• _DATA RECORDS_:
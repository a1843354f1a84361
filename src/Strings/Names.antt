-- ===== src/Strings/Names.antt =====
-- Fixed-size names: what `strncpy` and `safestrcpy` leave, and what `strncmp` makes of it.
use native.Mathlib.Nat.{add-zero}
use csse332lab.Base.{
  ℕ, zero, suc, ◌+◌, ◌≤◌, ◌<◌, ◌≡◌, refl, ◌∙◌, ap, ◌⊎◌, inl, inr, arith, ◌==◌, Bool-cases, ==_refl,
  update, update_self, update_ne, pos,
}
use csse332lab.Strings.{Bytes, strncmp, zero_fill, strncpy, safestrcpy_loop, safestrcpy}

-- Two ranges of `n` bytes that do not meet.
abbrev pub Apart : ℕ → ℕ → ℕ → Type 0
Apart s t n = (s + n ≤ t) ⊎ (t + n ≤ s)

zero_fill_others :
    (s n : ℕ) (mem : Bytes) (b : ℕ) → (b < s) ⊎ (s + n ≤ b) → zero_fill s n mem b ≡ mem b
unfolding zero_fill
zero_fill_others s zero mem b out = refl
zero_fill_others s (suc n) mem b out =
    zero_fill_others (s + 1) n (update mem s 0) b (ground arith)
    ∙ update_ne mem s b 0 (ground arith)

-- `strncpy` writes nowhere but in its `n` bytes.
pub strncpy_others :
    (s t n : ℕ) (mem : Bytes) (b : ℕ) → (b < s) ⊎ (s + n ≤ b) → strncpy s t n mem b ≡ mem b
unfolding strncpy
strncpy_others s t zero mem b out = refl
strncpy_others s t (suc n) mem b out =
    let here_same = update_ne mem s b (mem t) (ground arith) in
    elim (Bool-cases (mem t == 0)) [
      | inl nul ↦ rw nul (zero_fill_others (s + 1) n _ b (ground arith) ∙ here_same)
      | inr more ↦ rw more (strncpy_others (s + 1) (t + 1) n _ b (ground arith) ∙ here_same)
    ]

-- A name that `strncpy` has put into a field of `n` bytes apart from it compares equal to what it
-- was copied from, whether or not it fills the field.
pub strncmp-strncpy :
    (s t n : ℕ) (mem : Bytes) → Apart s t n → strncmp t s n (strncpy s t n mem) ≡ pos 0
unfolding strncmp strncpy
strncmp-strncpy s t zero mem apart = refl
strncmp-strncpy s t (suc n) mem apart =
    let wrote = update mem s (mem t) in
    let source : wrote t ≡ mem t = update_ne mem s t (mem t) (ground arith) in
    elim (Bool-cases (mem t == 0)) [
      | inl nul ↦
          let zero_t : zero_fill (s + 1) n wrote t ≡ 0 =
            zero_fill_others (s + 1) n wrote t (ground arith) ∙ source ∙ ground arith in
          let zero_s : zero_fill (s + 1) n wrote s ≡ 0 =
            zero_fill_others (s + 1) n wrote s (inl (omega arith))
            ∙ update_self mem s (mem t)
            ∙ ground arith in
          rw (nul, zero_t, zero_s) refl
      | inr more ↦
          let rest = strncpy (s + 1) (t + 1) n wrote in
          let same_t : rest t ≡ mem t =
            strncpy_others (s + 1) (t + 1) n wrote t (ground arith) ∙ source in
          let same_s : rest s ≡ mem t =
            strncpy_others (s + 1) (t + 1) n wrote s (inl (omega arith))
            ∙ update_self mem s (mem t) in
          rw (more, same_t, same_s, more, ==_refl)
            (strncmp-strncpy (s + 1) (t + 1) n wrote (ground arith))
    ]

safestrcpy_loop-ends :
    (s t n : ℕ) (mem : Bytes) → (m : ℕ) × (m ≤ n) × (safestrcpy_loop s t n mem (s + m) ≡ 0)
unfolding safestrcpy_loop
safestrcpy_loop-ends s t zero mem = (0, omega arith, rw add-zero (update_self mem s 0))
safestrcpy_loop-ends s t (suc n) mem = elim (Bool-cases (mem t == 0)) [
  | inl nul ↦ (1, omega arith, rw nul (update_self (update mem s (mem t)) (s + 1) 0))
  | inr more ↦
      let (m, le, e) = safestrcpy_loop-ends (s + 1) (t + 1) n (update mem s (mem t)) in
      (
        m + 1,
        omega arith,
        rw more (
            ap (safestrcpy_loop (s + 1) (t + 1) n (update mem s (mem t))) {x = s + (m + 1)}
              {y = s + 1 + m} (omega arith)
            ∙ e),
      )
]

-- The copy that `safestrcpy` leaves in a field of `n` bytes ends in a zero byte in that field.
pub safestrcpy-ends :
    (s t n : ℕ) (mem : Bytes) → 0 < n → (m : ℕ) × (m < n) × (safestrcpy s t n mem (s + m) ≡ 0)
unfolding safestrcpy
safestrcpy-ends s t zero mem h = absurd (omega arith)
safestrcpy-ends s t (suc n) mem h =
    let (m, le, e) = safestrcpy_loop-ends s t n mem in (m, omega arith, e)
==
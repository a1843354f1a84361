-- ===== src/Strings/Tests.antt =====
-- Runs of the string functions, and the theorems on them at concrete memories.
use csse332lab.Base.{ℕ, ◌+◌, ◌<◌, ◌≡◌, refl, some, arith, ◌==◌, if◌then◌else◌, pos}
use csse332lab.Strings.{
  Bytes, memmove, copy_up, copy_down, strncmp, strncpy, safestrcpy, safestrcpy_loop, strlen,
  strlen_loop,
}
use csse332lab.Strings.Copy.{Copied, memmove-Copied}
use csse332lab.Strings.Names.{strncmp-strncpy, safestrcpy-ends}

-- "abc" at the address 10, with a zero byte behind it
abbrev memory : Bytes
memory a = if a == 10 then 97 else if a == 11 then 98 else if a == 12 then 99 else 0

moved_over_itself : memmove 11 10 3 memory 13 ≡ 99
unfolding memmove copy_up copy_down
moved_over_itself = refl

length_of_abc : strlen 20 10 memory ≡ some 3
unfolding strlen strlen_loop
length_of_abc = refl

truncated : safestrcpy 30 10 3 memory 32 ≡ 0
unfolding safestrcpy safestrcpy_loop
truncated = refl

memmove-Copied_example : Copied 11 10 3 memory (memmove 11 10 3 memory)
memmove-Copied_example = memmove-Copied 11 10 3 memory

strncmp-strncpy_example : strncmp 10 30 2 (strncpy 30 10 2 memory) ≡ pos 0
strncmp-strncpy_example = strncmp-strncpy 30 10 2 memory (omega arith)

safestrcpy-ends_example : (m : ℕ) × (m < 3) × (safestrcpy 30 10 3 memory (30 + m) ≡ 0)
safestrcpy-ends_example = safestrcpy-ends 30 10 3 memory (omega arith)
...
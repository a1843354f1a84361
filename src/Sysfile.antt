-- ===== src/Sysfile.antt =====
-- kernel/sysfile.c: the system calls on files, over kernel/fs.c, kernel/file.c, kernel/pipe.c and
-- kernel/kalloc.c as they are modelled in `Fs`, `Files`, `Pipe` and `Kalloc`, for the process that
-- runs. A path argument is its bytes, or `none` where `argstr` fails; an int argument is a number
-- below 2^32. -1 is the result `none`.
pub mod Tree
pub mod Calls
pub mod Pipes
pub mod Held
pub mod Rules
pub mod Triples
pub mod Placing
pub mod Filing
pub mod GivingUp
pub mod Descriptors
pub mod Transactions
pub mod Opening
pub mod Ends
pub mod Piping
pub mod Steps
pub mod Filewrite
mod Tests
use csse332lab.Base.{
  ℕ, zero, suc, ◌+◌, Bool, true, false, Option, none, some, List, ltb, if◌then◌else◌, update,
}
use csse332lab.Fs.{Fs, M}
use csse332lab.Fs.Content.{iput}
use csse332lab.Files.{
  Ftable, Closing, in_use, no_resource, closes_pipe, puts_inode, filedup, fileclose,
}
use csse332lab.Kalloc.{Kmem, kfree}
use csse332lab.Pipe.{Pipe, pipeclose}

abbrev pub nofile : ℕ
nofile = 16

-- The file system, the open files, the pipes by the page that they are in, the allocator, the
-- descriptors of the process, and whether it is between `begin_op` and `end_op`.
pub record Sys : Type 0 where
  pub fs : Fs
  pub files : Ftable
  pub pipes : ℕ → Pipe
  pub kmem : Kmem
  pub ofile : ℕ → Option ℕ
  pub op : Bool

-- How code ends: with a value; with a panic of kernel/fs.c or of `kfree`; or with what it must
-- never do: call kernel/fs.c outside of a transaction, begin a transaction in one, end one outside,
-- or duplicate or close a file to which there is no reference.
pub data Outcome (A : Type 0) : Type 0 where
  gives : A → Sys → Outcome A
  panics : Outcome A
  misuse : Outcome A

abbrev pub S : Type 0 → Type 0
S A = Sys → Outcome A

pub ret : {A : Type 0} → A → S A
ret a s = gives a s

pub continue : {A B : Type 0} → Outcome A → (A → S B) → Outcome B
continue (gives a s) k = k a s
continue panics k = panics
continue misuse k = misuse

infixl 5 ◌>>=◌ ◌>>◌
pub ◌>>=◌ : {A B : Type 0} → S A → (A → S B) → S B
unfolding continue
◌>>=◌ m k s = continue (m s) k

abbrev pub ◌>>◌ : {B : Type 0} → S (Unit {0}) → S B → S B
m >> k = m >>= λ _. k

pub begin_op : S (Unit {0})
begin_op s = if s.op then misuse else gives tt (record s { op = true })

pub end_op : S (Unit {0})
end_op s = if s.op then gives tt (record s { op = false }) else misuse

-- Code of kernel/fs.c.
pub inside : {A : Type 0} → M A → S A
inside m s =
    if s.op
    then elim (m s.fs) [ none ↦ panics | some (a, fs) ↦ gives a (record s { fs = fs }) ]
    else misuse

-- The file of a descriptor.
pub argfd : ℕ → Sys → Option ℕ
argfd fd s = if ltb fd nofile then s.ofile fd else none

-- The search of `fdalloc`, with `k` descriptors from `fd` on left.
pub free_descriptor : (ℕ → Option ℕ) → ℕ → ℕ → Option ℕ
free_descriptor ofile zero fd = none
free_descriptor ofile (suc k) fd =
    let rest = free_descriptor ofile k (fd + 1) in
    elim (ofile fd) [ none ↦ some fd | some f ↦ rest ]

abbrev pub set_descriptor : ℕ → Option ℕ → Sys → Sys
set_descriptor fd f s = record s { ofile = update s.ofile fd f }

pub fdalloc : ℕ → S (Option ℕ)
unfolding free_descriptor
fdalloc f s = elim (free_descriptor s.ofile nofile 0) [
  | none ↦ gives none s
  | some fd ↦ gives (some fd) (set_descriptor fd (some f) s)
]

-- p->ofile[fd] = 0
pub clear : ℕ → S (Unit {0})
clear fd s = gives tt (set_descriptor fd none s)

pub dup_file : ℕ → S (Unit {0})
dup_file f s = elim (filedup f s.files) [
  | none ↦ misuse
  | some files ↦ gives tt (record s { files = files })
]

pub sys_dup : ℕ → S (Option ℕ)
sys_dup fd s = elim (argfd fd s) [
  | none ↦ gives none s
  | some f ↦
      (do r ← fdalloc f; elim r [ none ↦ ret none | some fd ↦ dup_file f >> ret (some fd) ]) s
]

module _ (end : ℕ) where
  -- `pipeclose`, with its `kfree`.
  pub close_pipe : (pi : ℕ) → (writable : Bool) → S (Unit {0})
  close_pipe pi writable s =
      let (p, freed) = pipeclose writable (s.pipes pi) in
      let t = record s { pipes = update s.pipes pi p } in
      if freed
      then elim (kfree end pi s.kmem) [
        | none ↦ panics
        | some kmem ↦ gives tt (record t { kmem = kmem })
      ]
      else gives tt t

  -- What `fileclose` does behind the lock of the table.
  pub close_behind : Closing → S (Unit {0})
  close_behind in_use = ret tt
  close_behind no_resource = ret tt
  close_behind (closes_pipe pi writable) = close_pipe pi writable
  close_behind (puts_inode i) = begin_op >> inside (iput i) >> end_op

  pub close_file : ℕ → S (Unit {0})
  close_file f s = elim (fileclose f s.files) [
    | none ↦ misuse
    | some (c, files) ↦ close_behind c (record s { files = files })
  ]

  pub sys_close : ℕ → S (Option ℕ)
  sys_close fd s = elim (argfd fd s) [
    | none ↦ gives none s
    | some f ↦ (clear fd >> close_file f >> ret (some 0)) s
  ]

• _TASK DETAILS_: From the records above, repeat exactly the lines from the one with "let here_same = update_ne" through the one with "let same_t : rest", both included.

• _EXERCISE RESULT_:
    let here_same = update_ne mem s b (mem t) (ground arith) in
    elim (Bool-cases (mem t == 0)) [
      | inl nul ↦ rw nul (zero_fill_others (s + 1) n _ b (ground arith) ∙ here_same)
      | inr more ↦ rw more (strncpy_others (s + 1) (t + 1) n _ b (ground arith) ∙ here_same)
    ]

-- A name that `strncpy` has put into a field of `n` bytes apart from it compares equal to what it
-- was copied from, whether or not it fills the field.
pub strncmp-strncpy :
    (s t n : ℕ) (mem : Bytes) → Apart s t n → strncmp t s n (strncpy s t n mem) ≡ pos 0
unfolding strncmp strncpy
strncmp-strncpy s t zero mem apart = refl
strncmp-strncpy s t (suc n) mem apart =
    let wrote = update mem s (mem t) in
    let source : wrote t ≡ mem t = update_ne mem s t (mem t) (ground arith) in
    elim (Bool-cases (mem t == 0)) [
      | inl nul ↦
          let zero_t : zero_fill (s + 1) n wrote t ≡ 0 =
            zero_fill_others (s + 1) n wrote t (ground arith) ∙ source ∙ ground arith in
          let zero_s : zero_fill (s + 1) n wrote s ≡ 0 =
            zero_fill_others (s + 1) n wrote s (inl (omega arith))
            ∙ update_self mem s (mem t)
            ∙ ground arith in
          rw (nul, zero_t, zero_s) refl
      | inr more ↦
          let rest = strncpy (s + 1) (t + 1) n wrote in
          let same_t : rest t ≡ mem t =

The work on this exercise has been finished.